Shopping online steals the rural futures of your neighbors in places like Carroll and Jefferson and Guthrie Center.

That said, complaining about the march of e-commerce won’t do any good. We need inspired action.

Rural Americans should do everything in their power to make purchases in their small towns first. One way to do this is what I call Reverse Showrooming. Showrooming is when people go to stores, scout out items and then search for them online.

Well, we can turn the tables on that, and look online for what we want and then have our local merchants order for us, keeping the money circulating here instead of paying for millennials to drink craft beers and scarf down avocado toast in Seattle.

I search for books online, make lists and then have Tom Langel at Carroll’s Good News Book & Gift Store order them for me. Other people do this, too.

In the past, I have made the case against leaving rural Iowa for the shopping malls of Des Moines and Omaha, Nebraska.

I stand by that — to a point. Try and find a way to purchase what you can in your small town, and if that fails, a nearby rural community.

But the rural-urban divisions are deadly for Iowa. We are one state, linked in more ways than we know.
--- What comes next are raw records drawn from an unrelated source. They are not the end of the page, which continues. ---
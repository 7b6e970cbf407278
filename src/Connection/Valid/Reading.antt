-- ===== src/Connection/Valid/Reading.antt =====
-- `poll_read` against the invariant.
use cobs_io_async_rs.Connection.Api.{read_payload, poll_read}
use cobs_io_async_rs.Connection.Drive.{drive}
use cobs_io_async_rs.Connection.State.{step_budget, op_read, Reliable}
use cobs_io_async_rs.Connection.Valid.Api.{finish-IsValid, failure-IsValid}
use cobs_io_async_rs.Connection.Valid.Driver.{Driven, drive-Driven}
use cobs_io_async_rs.Connection.Valid.{IsValid}
use cobs_io_async_rs.Error.{ConnectionError}
use cobs_io_async_rs.Prelude.Exec.Holds.{
  Holds, bind-Holds, if-Holds, slice_to-Holds, slice_from-Holds, copy_at-Holds,
}
use cobs_io_async_rs.Prelude.Exec.{slice_to, slice_from, copy_at}
use cobs_io_async_rs.Prelude.{
  ℕ, ◌+◌, ◌-◌, ◌≤◌, ◌≡◌, ap, min, [], ◌∷◌, Bytes, ltb, Result, length, length-take, length-drop,
  refl, take, drop, arith,
}
use cobs_io_async_rs.Transport.{Waker, Poll, Transport, Timer, KeepsLength}

module _ {T C E : Type 0} (link : Transport T E) (clock : Timer C) (capacity : ℕ) where
  -- What a read returns: the buffer, of the length it had, and a valid connection.
  abbrev pub Read : Bytes → Bytes × Reliable T C E × Poll (Result ℕ (ConnectionError E)) → Type 0
  Read buf (buf', c, poll) = (length buf' ≡ length buf) × IsValid capacity c

  read_payload-Read :
      (buf : Bytes) (c : Reliable T C E)
      → IsValid capacity c
      → Holds (Read buf) (read_payload link clock capacity buf c)
  unfolding read_payload
  read_payload-Read buf c ((s, r, l), room) =
      if-Holds (Holds (Read buf)) (ltb c.rx_start c.rx_end)
        (λ some_left.
          let within : c.rx_start + n ≤ c.rx_end = ground arith in
          bind-Holds (λ h. h ≡ take (c.rx_start + n) c.rx_payload) (Read buf)
            (slice_to c.rx_payload (c.rx_start + n)) _
            (slice_to-Holds c.rx_payload (c.rx_start + n)
              (omega (arith, r.rx_payload_length, r.rx_end_le)))
            (λ h e.
              let size : length h ≡ c.rx_start + n = omega (
                arith,
                ap length e,
                length-take (c.rx_start + n) c.rx_payload,
                r.rx_payload_length,
                r.rx_end_le,
              ) in
              bind-Holds (λ b. b ≡ drop c.rx_start h) (Read buf) (slice_from h c.rx_start) _
                (slice_from-Holds h c.rx_start (omega arith))
                (λ b e'.
                  bind-Holds (λ x. length x ≡ length buf) (Read buf) (copy_at buf 0 b) _
                    (copy_at-Holds buf 0 b (omega (arith, ap length e', length-drop c.rx_start h)))
                    (λ x e''. (
                      e'',
                      (
                        (
                          s,
                          record {
                            payload_fits = r.payload_fits;
                            rx_buf_length = r.rx_buf_length;
                            rx_len_le = r.rx_len_le;
                            rx_payload_length = r.rx_payload_length;
                            rx_start_le = within;
                            rx_end_le = r.rx_end_le;
                          },
                          l,
                        ),
                        room,
                      ),
                    )))))
        (λ e. (refl, failure-IsValid capacity c ((s, r, l), room)))
    where
      n : ℕ
      n = min (length buf) (c.rx_end - c.rx_start)

  -- Over a link that keeps the length of the buffers that it is given, `poll_read` of a valid
  -- connection does not panic, keeps the length of its own buffer, and leaves the connection valid.
  pub poll_read-Read :
      KeepsLength link
      → (cx : Waker) (buf : Bytes) (c : Reliable T C E) → IsValid capacity c
      → Holds (Read buf) (poll_read link clock capacity cx buf c)
  unfolding poll_read
  poll_read-Read keeps cx [] c v = (refl, v)
  poll_read-Read keeps cx (b ∷ buf) c v =
      bind-Holds (Driven link clock capacity step_budget) (Read (b ∷ buf))
        (drive link clock capacity cx step_budget c) _
        (drive-Driven link clock capacity keeps cx step_budget c v)
        (λ d k.
          bind-Holds (Read (b ∷ buf)) (Read (b ∷ buf))
            (read_payload link clock capacity (b ∷ buf) d.1) _ (read_payload-Read (b ∷ buf) d.1 k.0)
            (λ r h. (h.0, finish-IsValid capacity op_read cx r.1 r.2 h.1)))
Take, for example, the fact that Kuemper Catholic High School in Carroll has more than 1,000 alums living in the Des Moines area.
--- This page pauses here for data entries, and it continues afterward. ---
-- ===== src/ByteRanges/Reassemble.antt =====
-- integrations/llama_cpp/kv_byte_ranges.py: the slices of the ranges of a block make up its bytes.
use solid_attention.Base.{
  ℕ, zero, suc, ◌+◌, ◌*◌, ◌≡◌, refl, String, List, [], ◌∷◌, ◌++◌, append-nil, append_assoc, ok,
  arith, ◌∙◌, ap, sym, length, take, drop,
}
use solid_attention.Base.Int.{pos}
use solid_attention.ByteRanges.Range.{KvByteRange, Bytes, slice, build_block_ranges}
use solid_attention.ByteRanges.Built.{
  Rows, next_row, no_row, args_of, stride, token_ranges, build_block_ranges-token_ranges,
}

take-drop : (n : ℕ) (xs : Bytes) → take n xs ++ drop n xs ≡ xs
take-drop zero xs = refl
take-drop (suc n) [] = refl
take-drop (suc n) (x ∷ xs) = ap (◌∷◌ x) (take-drop n xs)

drop-nil : (n : ℕ) → drop {A = ℕ} n [] ≡ []
drop-nil zero = refl
drop-nil (suc n) = refl

drop-drop : (m n : ℕ) (xs : Bytes) → drop n (drop m xs) ≡ drop (m + n) xs
drop-drop zero n xs = let start : n ≡ 0 + n = omega arith in ap (λ k. drop k xs) start
drop-drop (suc m) n [] = drop-nil n ∙ sym (drop-nil (suc m + n))
drop-drop (suc m) n (x ∷ xs) =
    let later : suc (m + n) ≡ suc m + n = omega arith in
    drop-drop m n xs ∙ ap (λ k. drop k (x ∷ xs)) later

drop-length : (xs : Bytes) → drop (length xs) xs ≡ []
drop-length [] = refl
drop-length (x ∷ xs) = drop-length xs

-- The slices of the ranges, in order.
abbrev pub slices : List KvByteRange → Bytes → Bytes
slices [] bytes = []
slices (r ∷ ranges) bytes = slice bytes r.staging_offset r.size_bytes ++ slices ranges bytes

-- A slice and what is behind it.
slice-drop :
    (bytes : Bytes) (offset size : ℕ)
    → slice bytes offset size ++ drop (offset + size) bytes ≡ drop offset bytes
slice-drop bytes offset size =
    ap (λ x. slice bytes offset size ++ x) (sym (drop-drop offset size bytes))
    ∙ take-drop size (drop offset bytes)

module _ (sha256 : Bytes → String) (a : Rows) where
  slices-drop :
      (bytes : Bytes) (i n : ℕ)
      → slices (token_ranges sha256 a i n) bytes ++ drop ((i + n) * stride a) bytes
        ≡ drop (i * stride a) bytes
  slices-drop bytes i zero = ap (λ k. drop (k * stride a) bytes) (omega arith)
  slices-drop bytes i (suc n) =
      let s = i * stride a in
      let keys = slice bytes s a.key_row in
      let values = slice bytes (s + a.key_row) a.value_row in
      let more = slices (token_ranges sha256 a (i + 1) n) bytes in
      let behind = drop ((i + suc n) * stride a) bytes in
      let count : i + suc n ≡ i + 1 + n = omega arith in
      let next : (i + 1) * stride a ≡ s + a.key_row + a.value_row =
        let row = next_row i (stride a) in omega arith in
      append_assoc keys (values ++ more) behind
      ∙ ap (λ x. keys ++ x)
          (append_assoc values more behind
            ∙ ap (λ x. values ++ x)
                (ap (λ k. more ++ drop (k * stride a) bytes) count
                  ∙ slices-drop bytes (i + 1) n
                  ∙ ap (λ k. drop k bytes) next)
            ∙ slice-drop bytes (s + a.key_row) a.value_row)
      ∙ slice-drop bytes s a.key_row

  -- For a block whose rows are positive and fill its bytes, `_build_block_ranges` returns ranges
  -- whose slices of the bytes, one after the other, are the bytes again.
  pub slices_reassemble :
      (n : ℕ) (bytes : Bytes)
      → length bytes ≡ n * stride a
      → (ranges : List KvByteRange) × (build_block_ranges sha256
            (args_of a)
            (pos (a.start_token + n))
          ≡ ok ranges)
        × (slices ranges bytes ≡ bytes)
  slices_reassemble n bytes h = (
    token_ranges sha256 a 0 n,
    build_block_ranges-token_ranges sha256 a n,
    sym (append-nil _)
        ∙ ap (λ x. slices (token_ranges sha256 a 0 n) bytes ++ x)
            (sym (drop-length bytes)
              ∙ ap (λ k. drop k bytes) (h ∙ ap (λ k. k * stride a) (omega arith)))
        ∙ slices-drop bytes 0 n
        ∙ ap (λ k. drop k bytes) (no_row (stride a)),
  )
Shopping in Des Moines and Omaha — while it should be a rural Iowan’s second or third option — remains a better choice for Iowa than keystroking purchases through the online retailers with no physical retail presences in Iowa.

In the end, if rural Iowans put the convenience of online shopping ahead of the interests of our local businesses, Bill Burr’s joke won’t be a joke.

We’ll have to shoot down Amazon drones. It will be the only way to get goods and services in rural Iowa, and it will be our own lazy, greedy faults.

Ditch the dot-coms and spend your money locally.

Or improve your aim. ♦

burns doug 12-10-25Douglas Burns is a fourth-generation Iowa newspaperman. He and his family own and publish newspapers in Carroll, Jefferson and other neighboring communities.

 

 

2 Comments

  1. jay howe says:

    good piece. I shop local as a matter of ideology and practicality, but do not patronize shopping malls and strip malls which rely on folks commuting all over creation and most often in fuel-inefficient vehicles. I prefer internet over support of sprawl lifestyles . . .

  2. Wally Norton says:

    E-Commerce needs to be taxed with respect to the local state. That would help even the playing field for brick & mortars.